Required work —
Please reproduce the entries below exactly, starting at the first line and ending with the line that holds "abbrev pub add_cluster_event".

Recorded data —
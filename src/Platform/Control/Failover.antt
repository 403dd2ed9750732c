-- ===== src/Platform/Control/Failover.antt =====
-- Replicas and failover (backend/app/services/ha_orchestrator.py), and the administrator's endpoints
-- for them (api/v1/endpoints/clusters.py).
use eminidatabase.Base.{
  ℕ, suc, Bool, false, not, Option, none, some, List, [], ◌∷◌, ◌++◌, ◌==◌, ◌&&◌, ltb, if◌then◌else◌,
}
use eminidatabase.Base.Table.{Table, lookup, modify, add, rows}
use eminidatabase.Base.Action.{
  Outcome, returned, raised, ◌>>=◌, ◌>>◌, pure, raise, raise_if, found, reads, writes,
}
use eminidatabase.Platform.Placement.{Node, ClusterMember, ClusterMemberRole, Database}
use eminidatabase.Platform.Control.{
  Control, Tx, Error, not_found, value_error, runtime_error, no_healthy_replica, agent_unreachable,
  ClusterEvent, AgentCall, drawn, attempt, transaction,
}
use eminidatabase.Platform.Control.Agent.{Agents, Body, call_agent, is_primary, is_primary_of}
use eminidatabase.Platform.Control.Orchestrator.{is_running}

-- `db.delete(member)`
abbrev pub remove : {R : Type 0} → ℕ → Table R → Table R
remove k [] = []
remove k ((j, r) ∷ t) = if j == k then remove k t else (j, r) ∷ remove k t

abbrev pub add_member : ClusterMember → Control → Control
add_member m s = record s {
  fleet = record (s.fleet) { members = add s.next_id m s.fleet.members };
  next_id = suc s.next_id;
}

abbrev pub add_cluster_event : ClusterEvent → Control → Control
add_cluster_event e s = record s { cluster_events = s.cluster_events ++ (e ∷ []) }

abbrev pub get_member_replication_status : Agents → ℕ → Node → Tx Body
get_member_replication_status agents node_id node =
    call_agent agents node_id node AgentCall.replication_status

-- A row for the replica, whose agent has answered.
abbrev pub add_standby : (cluster_id node_id : ℕ) → Body → Tx ℕ
add_standby cluster_id node_id status = do
  raise_if (not status.is_standby) value_error
  member_id ← drawn
  writes (
      add_member (record {
        cluster_id = cluster_id;
        node_id = node_id;
        role = ClusterMemberRole.replica;
        replication_lag_bytes = status.lag_bytes;
        promoted_at = none;
      }))
  writes (add_cluster_event (ClusterEvent.replica_attached cluster_id node_id))
  pure member_id

unfoldable pub add_replica : Agents → (cluster_id node_id : ℕ) → Node → Tx ℕ
add_replica agents cluster_id node_id node = do
  status ← get_member_replication_status agents node_id node
  add_standby cluster_id node_id status

-- The node of a member; a foreign key says that it is there.
abbrev pub node_of : ClusterMember → Tx Node
node_of m = do found runtime_error (← reads (λ s. lookup m.node_id s.fleet.nodes))

-- A replica that is reachable and standing by, with its lag.
pub record Candidate : Type 0 where
  pub member_id : ℕ
  pub node_id : ℕ
  pub node : Node
  pub lag : ℕ

abbrev pub lag_of : Option ℕ → ℕ
lag_of none = 0
lag_of (some n) = n

abbrev pub candidate_if_standby : ℕ → ℕ → Node → Body → List Candidate
candidate_if_standby member_id node_id node status =
    if status.is_standby
    then record {
      member_id = member_id;
      node_id = node_id;
      node = node;
      lag = lag_of status.lag_bytes;
    }
      ∷ []
    else []

-- `except AgentUnreachableError: continue`; any other error goes on.
abbrev pub candidate_from : ℕ → ℕ → Node → Outcome Error Body → Tx (List Candidate)
candidate_from member_id node_id node (returned status) =
    pure (candidate_if_standby member_id node_id node status)
candidate_from member_id node_id node (raised agent_unreachable) = pure []
candidate_from member_id node_id node (raised e) = raise e

-- A turn of the loop over the replicas, and the loop.
abbrev pub candidate_of : Agents → (member_id : ℕ) → ClusterMember → Tx (List Candidate)
candidate_of agents member_id m = do
  node ← node_of m
  status ← attempt (get_member_replication_status agents m.node_id node)
  candidate_from member_id m.node_id node status

abbrev pub candidates : Agents → Table ClusterMember → Tx (List Candidate)
candidates agents [] = pure []
candidates agents ((member_id, m) ∷ ms) = do
  first ← candidate_of agents member_id m
  rest ← candidates agents ms
  pure (first ++ rest)

-- The head of `candidates.sort(key=lag)`, a stable sort: the first of those with the least lag.
abbrev pub least_lag : Candidate → List Candidate → Candidate
least_lag c [] = c
least_lag c (d ∷ ds) = if ltb d.lag c.lag then least_lag d ds else least_lag c ds

abbrev pub chosen : List Candidate → Tx Candidate
chosen [] = raise no_healthy_replica
chosen (c ∷ cs) = pure (least_lag c cs)

abbrev pub promoted : (now : ℕ) → ClusterMember → ClusterMember
promoted now m = record m {
  role = ClusterMemberRole.primary;
  promoted_at = some now;
  replication_lag_bytes = none;
}

abbrev pub remove_if_any : Option (ℕ × ClusterMember) → Table ClusterMember → Table ClusterMember
remove_if_any none t = t
remove_if_any (some (k, _)) t = remove k t

-- `database.cluster_id == cluster_id`
abbrev pub is_in : (cluster_id : ℕ) → Option ℕ → Bool
is_in cluster_id none = false
is_in cluster_id (some c) = c == cluster_id

abbrev pub is_moved : (cluster_id : ℕ) → Database → Bool
is_moved cluster_id d = is_in cluster_id d.cluster_id && is_running d.status

abbrev pub repointed : Node → Database → Database
repointed node d = record d {
  connection_host = node.ip_address;
  connection_port = some node.postgres_port;
}

-- The running databases of the cluster are pointed at the node.
abbrev pub repoint_all : (cluster_id : ℕ) → Node → Table Database → Table Database
repoint_all cluster_id node [] = []
repoint_all cluster_id node ((k, d) ∷ t) =
    (k, if is_moved cluster_id d then repointed node d else d) ∷ repoint_all cluster_id node t

abbrev pub failed_over :
    (cluster_id now : ℕ) → Candidate → Option (ℕ × ClusterMember) → Control → Control
failed_over cluster_id now c old s = record s {
  fleet = record (s.fleet) {
    members = remove_if_any old (modify c.member_id (promoted now) s.fleet.members);
    databases = repoint_all cluster_id c.node s.fleet.databases;
  };
}

abbrev pub first_row : {R : Type 0} → Table R → Option (ℕ × R)
first_row [] = none
first_row (x ∷ _) = some x

abbrev pub node_before : Option (ℕ × ClusterMember) → Option ℕ
node_before none = none
node_before (some (_, m)) = some m.node_id

abbrev pub is_replica_of : (cluster_id : ℕ) → ClusterMember → Bool
is_replica_of cluster_id m = m.cluster_id == cluster_id && not (is_primary m.role)

-- `if not replica_members: raise`
abbrev pub require_replica : Table ClusterMember → Tx (Unit {0})
require_replica [] = raise no_healthy_replica
require_replica (_ ∷ _) = pure tt

-- What a failover writes once the replica's agent has promoted it.
abbrev pub record_failover :
    (cluster_id : ℕ) (automatic : Bool) (now : ℕ) → Option (ℕ × ClusterMember) → Candidate → Tx ℕ
record_failover cluster_id automatic now old c = do
  writes (failed_over cluster_id now c old)
  writes (
      add_cluster_event
        (ClusterEvent.failover_completed cluster_id automatic c.node_id c.lag (node_before old)))
  pure c.node_id

abbrev pub promote_candidate :
    Agents
    → (cluster_id : ℕ) (automatic : Bool) (now : ℕ) → Option (ℕ × ClusterMember)
    → Candidate
    → Tx ℕ
promote_candidate agents cluster_id automatic now old c = do
  call_agent agents c.node_id c.node AgentCall.promote
  record_failover cluster_id automatic now old c

abbrev pub promote_chosen :
    Agents
    → (cluster_id : ℕ) (automatic : Bool) (now : ℕ) → Option (ℕ × ClusterMember)
    → List Candidate
    → Tx ℕ
promote_chosen agents cluster_id automatic now old cs =
    chosen cs >>= promote_candidate agents cluster_id automatic now old

-- The failover once the members have been read: the first primary, if any, and the replicas.
abbrev pub promote :
    Agents
    → (cluster_id : ℕ) (automatic : Bool) (now : ℕ) → Option (ℕ × ClusterMember)
    → Table ClusterMember
    → Tx ℕ
promote agents cluster_id automatic now old replicas = do
  require_replica replicas
  cs ← candidates agents replicas
  promote_chosen agents cluster_id automatic now old cs

-- The failover of a cluster that is there.
abbrev pub failover_of : Agents → (cluster_id : ℕ) (automatic : Bool) (now : ℕ) → Tx ℕ
failover_of agents cluster_id automatic now = do
  old ← reads (λ s. first_row (rows (is_primary_of (some cluster_id)) s.fleet.members))
  replicas ← reads (λ s. rows (is_replica_of cluster_id) s.fleet.members)
  promote agents cluster_id automatic now old replicas

-- The node that is promoted.
unfoldable pub execute_failover : Agents → (cluster_id : ℕ) (automatic : Bool) (now : ℕ) → Tx ℕ
execute_failover agents cluster_id automatic now = do
  cluster ← found value_error (← reads (λ s. lookup cluster_id s.fleet.clusters))
  failover_of agents cluster_id automatic now

-- The administrator's endpoints; the caller has been checked.
abbrev pub attach_to : Agents → (cluster_id node_id : ℕ) → Tx ℕ
attach_to agents cluster_id node_id = do
  node ← found not_found (← reads (λ s. lookup node_id s.fleet.nodes))
  add_replica agents cluster_id node_id node

unfoldable pub attach_replica : Agents → (cluster_id node_id : ℕ) → Tx ℕ
attach_replica agents cluster_id node_id = transaction (do
  cluster ← found not_found (← reads (λ s. lookup cluster_id s.fleet.clusters))
  attach_to agents cluster_id node_id)

unfoldable pub trigger_failover : Agents → (cluster_id now : ℕ) → Tx ℕ
trigger_failover agents cluster_id now = transaction (do
  cluster ← found not_found (← reads (λ s. lookup cluster_id s.fleet.clusters))
  execute_failover agents cluster_id false now)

Result of the exercise —
filename src/Platform/Control/Failover.antt
repository 403dd2ed9750732c
-- ===== src/Platform/Control/Failover.antt =====
-- Replicas and failover (backend/app/services/ha_orchestrator.py), and the administrator's endpoints
-- for them (api/v1/endpoints/clusters.py).
use eminidatabase.Base.{
  ℕ, suc, Bool, false, not, Option, none, some, List, [], ◌∷◌, ◌++◌, ◌==◌, ◌&&◌, ltb, if◌then◌else◌,
}
use eminidatabase.Base.Table.{Table, lookup, modify, add, rows}
use eminidatabase.Base.Action.{
  Outcome, returned, raised, ◌>>=◌, ◌>>◌, pure, raise, raise_if, found, reads, writes,
}
use eminidatabase.Platform.Placement.{Node, ClusterMember, ClusterMemberRole, Database}
use eminidatabase.Platform.Control.{
  Control, Tx, Error, not_found, value_error, runtime_error, no_healthy_replica, agent_unreachable,
  ClusterEvent, AgentCall, drawn, attempt, transaction,
}
use eminidatabase.Platform.Control.Agent.{Agents, Body, call_agent, is_primary, is_primary_of}
use eminidatabase.Platform.Control.Orchestrator.{is_running}

-- `db.delete(member)`
abbrev pub remove : {R : Type 0} → ℕ → Table R → Table R
remove k [] = []
remove k ((j, r) ∷ t) = if j == k then remove k t else (j, r) ∷ remove k t

abbrev pub add_member : ClusterMember → Control → Control
add_member m s = record s {
  fleet = record (s.fleet) { members = add s.next_id m s.fleet.members };
  next_id = suc s.next_id;
}

abbrev pub add_cluster_event : ClusterEvent → Control → Control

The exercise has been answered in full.